RECORDED DATA:
───

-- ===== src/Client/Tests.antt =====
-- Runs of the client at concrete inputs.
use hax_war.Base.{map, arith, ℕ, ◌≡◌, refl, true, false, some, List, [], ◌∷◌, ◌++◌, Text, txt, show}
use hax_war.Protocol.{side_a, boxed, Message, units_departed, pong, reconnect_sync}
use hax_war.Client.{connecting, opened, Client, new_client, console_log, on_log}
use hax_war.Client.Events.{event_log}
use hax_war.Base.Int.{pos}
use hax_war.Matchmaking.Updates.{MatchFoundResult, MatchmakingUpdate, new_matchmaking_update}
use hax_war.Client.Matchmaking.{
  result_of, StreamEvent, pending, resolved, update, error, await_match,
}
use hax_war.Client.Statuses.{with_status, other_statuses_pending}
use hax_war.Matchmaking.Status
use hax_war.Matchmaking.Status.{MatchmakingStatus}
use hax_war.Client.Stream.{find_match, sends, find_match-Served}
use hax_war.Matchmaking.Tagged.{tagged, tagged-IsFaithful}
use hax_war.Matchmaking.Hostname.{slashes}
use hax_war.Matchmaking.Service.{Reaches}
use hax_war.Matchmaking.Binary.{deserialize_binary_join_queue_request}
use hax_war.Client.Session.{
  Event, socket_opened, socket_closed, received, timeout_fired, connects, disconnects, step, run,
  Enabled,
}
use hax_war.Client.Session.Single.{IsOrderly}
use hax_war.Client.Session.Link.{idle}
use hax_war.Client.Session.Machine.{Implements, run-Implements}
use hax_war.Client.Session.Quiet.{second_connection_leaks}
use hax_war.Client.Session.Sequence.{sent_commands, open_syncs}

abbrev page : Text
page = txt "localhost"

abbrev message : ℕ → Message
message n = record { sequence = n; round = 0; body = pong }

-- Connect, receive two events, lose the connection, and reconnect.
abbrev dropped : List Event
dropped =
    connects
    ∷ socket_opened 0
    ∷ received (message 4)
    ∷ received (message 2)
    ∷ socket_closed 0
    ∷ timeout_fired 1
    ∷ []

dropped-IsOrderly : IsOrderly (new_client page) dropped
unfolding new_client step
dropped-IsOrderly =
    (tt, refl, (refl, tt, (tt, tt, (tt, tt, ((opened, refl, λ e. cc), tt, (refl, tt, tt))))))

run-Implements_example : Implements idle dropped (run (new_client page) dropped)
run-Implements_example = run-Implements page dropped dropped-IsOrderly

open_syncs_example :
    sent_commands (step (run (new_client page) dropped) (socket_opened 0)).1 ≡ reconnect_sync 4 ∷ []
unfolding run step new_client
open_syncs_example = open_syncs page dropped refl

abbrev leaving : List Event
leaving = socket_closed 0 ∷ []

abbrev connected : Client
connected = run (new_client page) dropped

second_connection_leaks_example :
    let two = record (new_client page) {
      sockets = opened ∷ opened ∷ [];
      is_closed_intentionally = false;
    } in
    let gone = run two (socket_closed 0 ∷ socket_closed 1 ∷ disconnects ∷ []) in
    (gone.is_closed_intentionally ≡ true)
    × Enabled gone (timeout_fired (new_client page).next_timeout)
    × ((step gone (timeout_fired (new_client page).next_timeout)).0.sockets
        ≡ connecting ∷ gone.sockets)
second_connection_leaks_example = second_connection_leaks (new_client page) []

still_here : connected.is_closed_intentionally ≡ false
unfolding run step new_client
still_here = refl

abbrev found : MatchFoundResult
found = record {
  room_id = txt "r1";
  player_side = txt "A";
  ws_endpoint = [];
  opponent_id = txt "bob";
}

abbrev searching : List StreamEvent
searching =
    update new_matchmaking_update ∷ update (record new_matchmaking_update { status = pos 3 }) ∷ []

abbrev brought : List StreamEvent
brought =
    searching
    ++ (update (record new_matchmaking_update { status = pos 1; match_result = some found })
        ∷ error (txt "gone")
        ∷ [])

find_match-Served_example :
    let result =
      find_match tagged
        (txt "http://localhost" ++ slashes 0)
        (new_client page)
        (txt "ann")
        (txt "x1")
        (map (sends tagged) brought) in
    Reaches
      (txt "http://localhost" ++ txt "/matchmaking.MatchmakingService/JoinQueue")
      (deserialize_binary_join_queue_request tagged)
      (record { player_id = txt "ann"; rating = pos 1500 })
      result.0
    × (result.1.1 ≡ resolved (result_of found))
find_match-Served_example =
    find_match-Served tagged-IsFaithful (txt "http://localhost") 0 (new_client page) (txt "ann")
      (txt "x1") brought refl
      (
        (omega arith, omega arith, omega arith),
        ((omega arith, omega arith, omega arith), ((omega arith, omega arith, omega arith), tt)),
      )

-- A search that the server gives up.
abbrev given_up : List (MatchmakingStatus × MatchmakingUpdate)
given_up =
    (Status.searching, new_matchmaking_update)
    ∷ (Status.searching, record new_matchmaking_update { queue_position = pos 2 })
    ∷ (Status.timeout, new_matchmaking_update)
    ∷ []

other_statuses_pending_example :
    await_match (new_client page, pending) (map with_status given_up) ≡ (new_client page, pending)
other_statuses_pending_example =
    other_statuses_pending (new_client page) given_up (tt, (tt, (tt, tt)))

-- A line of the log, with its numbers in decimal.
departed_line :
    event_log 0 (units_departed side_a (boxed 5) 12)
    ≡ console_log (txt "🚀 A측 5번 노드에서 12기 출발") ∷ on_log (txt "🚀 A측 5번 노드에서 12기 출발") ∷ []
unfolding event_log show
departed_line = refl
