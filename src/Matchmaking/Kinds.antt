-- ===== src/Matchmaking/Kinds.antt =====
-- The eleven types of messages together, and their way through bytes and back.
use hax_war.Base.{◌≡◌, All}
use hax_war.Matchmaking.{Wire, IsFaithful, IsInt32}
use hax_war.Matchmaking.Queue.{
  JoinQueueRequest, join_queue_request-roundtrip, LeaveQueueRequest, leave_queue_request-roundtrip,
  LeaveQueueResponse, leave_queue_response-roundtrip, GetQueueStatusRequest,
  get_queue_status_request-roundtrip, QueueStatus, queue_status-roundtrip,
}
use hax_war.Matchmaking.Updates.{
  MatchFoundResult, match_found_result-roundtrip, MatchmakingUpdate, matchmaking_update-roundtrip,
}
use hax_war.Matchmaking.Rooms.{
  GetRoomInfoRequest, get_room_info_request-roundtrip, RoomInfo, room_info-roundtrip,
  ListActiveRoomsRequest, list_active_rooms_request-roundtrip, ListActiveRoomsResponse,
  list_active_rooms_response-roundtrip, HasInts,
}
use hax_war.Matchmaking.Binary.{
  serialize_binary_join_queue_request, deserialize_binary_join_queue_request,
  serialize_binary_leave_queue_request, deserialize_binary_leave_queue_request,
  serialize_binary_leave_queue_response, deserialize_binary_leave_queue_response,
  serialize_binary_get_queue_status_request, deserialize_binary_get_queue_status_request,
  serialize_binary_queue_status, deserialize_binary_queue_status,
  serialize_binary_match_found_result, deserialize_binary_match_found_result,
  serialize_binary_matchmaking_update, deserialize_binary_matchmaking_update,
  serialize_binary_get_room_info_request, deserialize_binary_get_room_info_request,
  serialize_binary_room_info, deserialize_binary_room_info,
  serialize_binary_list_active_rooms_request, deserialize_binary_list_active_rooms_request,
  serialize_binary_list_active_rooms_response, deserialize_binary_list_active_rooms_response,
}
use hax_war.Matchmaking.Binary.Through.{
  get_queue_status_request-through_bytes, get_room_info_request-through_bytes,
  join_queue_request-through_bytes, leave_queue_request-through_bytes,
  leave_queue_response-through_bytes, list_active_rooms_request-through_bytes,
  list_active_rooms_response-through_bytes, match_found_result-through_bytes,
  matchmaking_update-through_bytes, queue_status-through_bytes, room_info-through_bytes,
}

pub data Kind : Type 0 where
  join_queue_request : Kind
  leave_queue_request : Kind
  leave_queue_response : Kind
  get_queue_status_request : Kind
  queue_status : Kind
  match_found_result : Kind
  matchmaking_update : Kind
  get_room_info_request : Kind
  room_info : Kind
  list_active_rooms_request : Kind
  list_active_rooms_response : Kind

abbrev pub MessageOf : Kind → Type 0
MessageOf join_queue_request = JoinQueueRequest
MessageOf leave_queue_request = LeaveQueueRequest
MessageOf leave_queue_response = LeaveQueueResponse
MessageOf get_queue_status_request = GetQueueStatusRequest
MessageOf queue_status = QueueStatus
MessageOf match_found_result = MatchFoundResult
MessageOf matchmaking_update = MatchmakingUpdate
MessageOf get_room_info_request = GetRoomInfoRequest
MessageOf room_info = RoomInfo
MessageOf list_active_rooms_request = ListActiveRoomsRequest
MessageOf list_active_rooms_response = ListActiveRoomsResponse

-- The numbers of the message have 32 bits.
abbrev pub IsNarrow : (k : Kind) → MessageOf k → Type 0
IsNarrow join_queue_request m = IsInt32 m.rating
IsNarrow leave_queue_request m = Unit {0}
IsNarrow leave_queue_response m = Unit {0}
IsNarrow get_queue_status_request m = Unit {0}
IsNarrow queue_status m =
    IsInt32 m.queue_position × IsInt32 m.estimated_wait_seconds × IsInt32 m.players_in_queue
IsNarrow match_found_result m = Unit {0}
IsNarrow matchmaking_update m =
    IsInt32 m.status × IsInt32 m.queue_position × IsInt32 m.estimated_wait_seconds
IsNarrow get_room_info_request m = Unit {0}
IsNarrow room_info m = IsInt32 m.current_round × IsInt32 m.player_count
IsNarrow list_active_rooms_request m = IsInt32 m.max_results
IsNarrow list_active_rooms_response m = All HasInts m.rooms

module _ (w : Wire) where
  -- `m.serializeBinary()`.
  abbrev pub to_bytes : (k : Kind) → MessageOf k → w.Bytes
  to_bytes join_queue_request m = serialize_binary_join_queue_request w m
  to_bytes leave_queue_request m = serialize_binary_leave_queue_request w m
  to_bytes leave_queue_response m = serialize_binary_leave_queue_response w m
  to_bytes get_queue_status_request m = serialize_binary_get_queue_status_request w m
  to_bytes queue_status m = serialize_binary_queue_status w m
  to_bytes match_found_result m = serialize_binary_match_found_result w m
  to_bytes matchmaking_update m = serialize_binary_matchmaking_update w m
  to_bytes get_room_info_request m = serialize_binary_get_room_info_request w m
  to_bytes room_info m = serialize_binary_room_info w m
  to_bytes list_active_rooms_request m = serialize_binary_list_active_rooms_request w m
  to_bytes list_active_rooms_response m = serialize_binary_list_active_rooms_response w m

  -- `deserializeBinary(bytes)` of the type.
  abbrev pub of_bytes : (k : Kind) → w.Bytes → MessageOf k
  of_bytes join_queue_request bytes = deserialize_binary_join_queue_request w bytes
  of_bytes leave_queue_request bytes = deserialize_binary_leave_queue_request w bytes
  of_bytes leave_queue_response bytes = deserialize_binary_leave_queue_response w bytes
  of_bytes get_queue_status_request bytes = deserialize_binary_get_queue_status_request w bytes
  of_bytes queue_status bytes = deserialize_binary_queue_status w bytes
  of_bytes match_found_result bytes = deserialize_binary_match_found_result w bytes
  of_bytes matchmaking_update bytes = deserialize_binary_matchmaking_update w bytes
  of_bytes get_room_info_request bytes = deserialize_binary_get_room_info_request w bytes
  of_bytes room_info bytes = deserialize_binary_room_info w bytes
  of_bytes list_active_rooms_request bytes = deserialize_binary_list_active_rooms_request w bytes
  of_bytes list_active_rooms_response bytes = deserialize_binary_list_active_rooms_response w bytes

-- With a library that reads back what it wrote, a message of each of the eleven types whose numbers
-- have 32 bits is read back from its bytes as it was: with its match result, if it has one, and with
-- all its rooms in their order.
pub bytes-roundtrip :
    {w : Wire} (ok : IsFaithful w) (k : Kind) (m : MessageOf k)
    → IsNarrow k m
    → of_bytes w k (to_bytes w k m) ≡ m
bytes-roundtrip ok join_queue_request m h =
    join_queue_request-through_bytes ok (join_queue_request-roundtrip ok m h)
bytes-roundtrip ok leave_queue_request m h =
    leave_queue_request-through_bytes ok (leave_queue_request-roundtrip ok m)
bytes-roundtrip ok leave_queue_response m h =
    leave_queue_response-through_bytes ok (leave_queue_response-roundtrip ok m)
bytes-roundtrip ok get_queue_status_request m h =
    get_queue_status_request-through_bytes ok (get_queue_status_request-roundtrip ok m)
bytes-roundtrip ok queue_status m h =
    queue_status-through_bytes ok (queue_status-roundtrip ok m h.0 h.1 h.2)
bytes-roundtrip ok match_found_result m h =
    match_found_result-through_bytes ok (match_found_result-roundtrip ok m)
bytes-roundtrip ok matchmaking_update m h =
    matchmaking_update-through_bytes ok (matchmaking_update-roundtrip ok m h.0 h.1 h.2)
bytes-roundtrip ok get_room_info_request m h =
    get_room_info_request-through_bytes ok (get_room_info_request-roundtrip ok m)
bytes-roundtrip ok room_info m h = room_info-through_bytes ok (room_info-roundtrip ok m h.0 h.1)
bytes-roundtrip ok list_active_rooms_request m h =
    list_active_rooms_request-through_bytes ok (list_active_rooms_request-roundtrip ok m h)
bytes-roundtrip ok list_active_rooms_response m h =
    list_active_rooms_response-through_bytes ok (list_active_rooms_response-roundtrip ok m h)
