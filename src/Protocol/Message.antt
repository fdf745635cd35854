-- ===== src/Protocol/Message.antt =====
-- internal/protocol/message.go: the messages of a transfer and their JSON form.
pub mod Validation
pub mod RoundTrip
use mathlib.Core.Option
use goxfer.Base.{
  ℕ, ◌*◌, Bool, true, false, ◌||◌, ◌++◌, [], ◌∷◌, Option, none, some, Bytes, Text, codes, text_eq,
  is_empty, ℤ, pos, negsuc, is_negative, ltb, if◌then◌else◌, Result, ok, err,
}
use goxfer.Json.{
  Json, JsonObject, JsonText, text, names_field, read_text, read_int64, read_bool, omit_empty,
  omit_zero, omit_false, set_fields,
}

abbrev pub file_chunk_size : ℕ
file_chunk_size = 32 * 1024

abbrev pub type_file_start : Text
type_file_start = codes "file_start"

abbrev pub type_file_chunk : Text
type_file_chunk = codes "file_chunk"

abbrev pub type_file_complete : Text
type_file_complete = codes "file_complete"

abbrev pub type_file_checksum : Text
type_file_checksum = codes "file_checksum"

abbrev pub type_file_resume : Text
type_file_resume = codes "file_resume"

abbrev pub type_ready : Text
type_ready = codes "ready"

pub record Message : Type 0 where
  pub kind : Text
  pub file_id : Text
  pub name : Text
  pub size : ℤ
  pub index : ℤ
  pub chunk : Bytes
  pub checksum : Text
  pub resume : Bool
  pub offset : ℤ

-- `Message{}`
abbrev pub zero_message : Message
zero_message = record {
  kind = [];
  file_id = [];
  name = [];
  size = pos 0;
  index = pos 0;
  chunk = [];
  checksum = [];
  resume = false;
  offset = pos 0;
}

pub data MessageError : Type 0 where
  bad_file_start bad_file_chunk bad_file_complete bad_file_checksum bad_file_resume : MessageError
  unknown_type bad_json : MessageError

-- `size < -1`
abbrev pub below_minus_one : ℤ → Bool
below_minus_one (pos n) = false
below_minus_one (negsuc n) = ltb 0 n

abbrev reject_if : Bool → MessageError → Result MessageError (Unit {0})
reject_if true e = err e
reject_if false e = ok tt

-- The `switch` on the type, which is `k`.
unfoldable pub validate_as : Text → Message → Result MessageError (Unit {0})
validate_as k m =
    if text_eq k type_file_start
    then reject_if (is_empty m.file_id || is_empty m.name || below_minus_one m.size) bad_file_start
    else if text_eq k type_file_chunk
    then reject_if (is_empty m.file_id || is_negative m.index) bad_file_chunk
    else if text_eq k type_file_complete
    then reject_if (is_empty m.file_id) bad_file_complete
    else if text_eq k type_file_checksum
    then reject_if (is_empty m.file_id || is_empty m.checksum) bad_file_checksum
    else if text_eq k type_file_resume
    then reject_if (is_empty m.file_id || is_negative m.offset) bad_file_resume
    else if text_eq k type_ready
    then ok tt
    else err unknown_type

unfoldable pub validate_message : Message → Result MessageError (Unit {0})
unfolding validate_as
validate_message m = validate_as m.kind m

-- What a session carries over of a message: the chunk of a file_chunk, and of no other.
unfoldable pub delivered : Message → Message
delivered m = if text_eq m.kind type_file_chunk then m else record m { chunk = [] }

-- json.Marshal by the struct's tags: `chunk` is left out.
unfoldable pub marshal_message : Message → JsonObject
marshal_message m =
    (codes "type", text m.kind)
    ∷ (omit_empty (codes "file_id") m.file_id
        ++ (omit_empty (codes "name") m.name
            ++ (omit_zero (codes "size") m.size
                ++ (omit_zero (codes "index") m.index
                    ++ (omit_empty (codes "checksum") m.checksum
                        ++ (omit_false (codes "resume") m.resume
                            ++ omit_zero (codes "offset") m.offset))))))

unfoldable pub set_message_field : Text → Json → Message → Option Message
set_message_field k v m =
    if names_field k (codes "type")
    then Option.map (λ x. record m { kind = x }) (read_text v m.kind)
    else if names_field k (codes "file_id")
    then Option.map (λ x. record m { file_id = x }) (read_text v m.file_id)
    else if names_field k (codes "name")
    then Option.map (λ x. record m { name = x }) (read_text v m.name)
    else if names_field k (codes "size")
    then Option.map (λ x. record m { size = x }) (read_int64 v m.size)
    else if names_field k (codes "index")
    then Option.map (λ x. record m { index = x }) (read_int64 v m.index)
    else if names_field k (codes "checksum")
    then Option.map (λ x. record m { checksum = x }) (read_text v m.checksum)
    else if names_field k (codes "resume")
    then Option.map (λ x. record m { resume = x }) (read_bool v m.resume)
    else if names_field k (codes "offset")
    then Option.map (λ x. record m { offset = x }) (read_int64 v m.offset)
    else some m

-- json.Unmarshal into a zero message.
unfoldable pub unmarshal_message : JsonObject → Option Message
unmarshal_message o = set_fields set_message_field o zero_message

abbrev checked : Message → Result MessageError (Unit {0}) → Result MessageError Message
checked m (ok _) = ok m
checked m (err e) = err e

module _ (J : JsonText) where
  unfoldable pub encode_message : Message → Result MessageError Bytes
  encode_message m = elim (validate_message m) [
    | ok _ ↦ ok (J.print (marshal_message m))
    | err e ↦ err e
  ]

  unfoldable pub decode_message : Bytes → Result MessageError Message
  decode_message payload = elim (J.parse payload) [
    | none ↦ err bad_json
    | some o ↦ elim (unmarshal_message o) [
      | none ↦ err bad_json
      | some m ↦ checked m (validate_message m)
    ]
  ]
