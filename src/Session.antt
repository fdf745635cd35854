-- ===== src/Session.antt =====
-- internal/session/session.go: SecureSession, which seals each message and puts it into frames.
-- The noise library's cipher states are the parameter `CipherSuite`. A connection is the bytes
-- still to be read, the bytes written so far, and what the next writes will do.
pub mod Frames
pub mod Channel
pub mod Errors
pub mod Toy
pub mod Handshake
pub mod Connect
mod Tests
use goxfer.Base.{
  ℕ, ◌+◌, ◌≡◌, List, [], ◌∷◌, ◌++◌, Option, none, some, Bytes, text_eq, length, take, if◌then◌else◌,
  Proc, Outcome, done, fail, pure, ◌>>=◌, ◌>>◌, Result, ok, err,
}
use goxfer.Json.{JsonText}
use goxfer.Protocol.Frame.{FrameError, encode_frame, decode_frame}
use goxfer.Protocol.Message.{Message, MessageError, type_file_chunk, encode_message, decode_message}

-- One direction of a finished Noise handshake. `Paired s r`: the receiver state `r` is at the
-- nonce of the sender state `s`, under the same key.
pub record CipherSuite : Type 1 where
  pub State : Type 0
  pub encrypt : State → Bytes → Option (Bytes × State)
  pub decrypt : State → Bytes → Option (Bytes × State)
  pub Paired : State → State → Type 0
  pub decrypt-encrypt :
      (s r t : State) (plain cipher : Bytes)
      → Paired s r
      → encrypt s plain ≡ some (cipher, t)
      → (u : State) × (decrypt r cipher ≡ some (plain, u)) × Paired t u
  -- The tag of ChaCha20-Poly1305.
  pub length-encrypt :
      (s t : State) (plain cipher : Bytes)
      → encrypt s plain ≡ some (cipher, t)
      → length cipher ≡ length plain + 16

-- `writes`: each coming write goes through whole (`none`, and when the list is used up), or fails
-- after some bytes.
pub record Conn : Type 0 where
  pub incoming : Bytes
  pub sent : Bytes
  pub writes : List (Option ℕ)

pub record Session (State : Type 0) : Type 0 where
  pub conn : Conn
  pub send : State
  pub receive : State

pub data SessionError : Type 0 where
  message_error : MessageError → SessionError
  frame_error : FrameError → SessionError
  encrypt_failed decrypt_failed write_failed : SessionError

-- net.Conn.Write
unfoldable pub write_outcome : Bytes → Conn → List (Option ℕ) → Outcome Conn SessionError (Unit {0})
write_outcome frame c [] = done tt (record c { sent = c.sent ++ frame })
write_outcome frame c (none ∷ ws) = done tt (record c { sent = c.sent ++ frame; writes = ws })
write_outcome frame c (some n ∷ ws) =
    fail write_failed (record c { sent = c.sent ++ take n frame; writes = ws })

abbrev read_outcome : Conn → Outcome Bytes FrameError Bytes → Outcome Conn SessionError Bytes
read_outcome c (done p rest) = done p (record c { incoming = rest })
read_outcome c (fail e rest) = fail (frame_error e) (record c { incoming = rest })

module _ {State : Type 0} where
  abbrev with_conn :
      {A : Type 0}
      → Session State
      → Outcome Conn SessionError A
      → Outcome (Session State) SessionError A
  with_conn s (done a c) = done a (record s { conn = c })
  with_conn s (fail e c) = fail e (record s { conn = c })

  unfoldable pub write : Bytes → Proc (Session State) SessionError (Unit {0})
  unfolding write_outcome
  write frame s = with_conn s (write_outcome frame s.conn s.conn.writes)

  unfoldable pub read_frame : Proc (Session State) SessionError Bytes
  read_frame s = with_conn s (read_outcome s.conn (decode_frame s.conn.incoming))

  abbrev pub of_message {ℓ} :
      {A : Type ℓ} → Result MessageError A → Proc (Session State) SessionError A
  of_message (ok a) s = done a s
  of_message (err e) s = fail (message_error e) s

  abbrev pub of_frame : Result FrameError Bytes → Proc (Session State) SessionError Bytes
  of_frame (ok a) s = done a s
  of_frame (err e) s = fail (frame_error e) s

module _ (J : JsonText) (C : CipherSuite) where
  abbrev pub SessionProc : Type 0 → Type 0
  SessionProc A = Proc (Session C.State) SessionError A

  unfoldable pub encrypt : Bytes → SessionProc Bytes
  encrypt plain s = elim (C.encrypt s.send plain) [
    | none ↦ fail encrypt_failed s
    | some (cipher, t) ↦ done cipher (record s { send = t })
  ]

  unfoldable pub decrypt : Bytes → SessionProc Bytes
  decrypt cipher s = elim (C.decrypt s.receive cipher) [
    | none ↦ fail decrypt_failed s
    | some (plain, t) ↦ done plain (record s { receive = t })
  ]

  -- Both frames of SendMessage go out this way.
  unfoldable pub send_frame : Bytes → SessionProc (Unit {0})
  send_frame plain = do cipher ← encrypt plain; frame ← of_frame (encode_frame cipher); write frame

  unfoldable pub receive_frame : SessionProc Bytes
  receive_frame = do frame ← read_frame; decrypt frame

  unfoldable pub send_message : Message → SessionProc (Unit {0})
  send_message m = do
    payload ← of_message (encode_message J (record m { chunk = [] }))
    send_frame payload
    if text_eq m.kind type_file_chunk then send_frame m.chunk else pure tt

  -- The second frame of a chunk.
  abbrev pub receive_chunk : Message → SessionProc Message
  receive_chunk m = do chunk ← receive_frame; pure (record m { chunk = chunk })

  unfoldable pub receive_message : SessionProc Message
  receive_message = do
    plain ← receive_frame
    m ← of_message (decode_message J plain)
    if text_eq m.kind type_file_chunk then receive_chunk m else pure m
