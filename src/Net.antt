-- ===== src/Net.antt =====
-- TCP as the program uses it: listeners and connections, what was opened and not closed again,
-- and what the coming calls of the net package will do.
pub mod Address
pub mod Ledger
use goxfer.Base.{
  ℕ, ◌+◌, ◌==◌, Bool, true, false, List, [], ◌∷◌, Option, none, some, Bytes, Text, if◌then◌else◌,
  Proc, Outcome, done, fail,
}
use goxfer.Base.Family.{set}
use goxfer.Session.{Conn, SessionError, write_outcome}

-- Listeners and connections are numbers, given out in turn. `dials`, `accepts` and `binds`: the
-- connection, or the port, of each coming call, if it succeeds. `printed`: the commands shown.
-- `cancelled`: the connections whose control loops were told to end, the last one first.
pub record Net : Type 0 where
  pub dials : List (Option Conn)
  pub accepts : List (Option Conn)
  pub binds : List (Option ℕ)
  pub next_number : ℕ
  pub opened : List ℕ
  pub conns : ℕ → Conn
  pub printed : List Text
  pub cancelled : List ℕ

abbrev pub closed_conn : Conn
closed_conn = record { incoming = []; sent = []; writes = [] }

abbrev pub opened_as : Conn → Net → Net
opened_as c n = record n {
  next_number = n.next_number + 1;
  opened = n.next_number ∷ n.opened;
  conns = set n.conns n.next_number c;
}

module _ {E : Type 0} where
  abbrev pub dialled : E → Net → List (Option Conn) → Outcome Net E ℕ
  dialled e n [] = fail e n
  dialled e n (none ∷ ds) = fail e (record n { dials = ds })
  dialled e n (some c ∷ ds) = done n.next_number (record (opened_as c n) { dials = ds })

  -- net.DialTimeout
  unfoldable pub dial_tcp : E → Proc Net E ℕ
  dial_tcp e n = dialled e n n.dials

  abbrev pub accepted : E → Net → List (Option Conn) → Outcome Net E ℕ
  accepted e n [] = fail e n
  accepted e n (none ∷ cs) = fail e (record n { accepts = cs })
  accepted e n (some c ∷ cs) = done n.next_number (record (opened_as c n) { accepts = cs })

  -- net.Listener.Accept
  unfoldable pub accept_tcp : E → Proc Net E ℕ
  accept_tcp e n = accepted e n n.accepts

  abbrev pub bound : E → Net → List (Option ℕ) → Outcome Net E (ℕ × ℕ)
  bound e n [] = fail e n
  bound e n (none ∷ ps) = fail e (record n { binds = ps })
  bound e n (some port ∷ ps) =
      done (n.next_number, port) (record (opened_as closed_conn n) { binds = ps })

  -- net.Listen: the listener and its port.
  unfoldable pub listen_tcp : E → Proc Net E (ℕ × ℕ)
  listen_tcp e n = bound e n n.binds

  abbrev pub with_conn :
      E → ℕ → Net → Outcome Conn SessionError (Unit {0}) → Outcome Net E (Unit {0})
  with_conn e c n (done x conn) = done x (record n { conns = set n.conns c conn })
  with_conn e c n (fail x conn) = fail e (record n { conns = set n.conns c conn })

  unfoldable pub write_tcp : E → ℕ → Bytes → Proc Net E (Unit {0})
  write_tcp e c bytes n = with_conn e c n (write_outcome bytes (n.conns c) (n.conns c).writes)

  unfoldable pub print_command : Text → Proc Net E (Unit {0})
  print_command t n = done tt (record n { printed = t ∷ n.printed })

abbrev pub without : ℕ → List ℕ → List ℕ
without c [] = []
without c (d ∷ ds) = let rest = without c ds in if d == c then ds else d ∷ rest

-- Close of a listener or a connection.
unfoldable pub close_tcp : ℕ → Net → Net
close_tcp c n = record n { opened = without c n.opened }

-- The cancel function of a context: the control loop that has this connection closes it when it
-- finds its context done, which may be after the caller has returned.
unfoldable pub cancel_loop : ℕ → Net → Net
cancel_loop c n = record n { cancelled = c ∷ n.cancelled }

───

TASK STATEMENT:
What is wanted is one number: how many lines in the listing hold the string "Base".

SOLVED PROBLEM:
7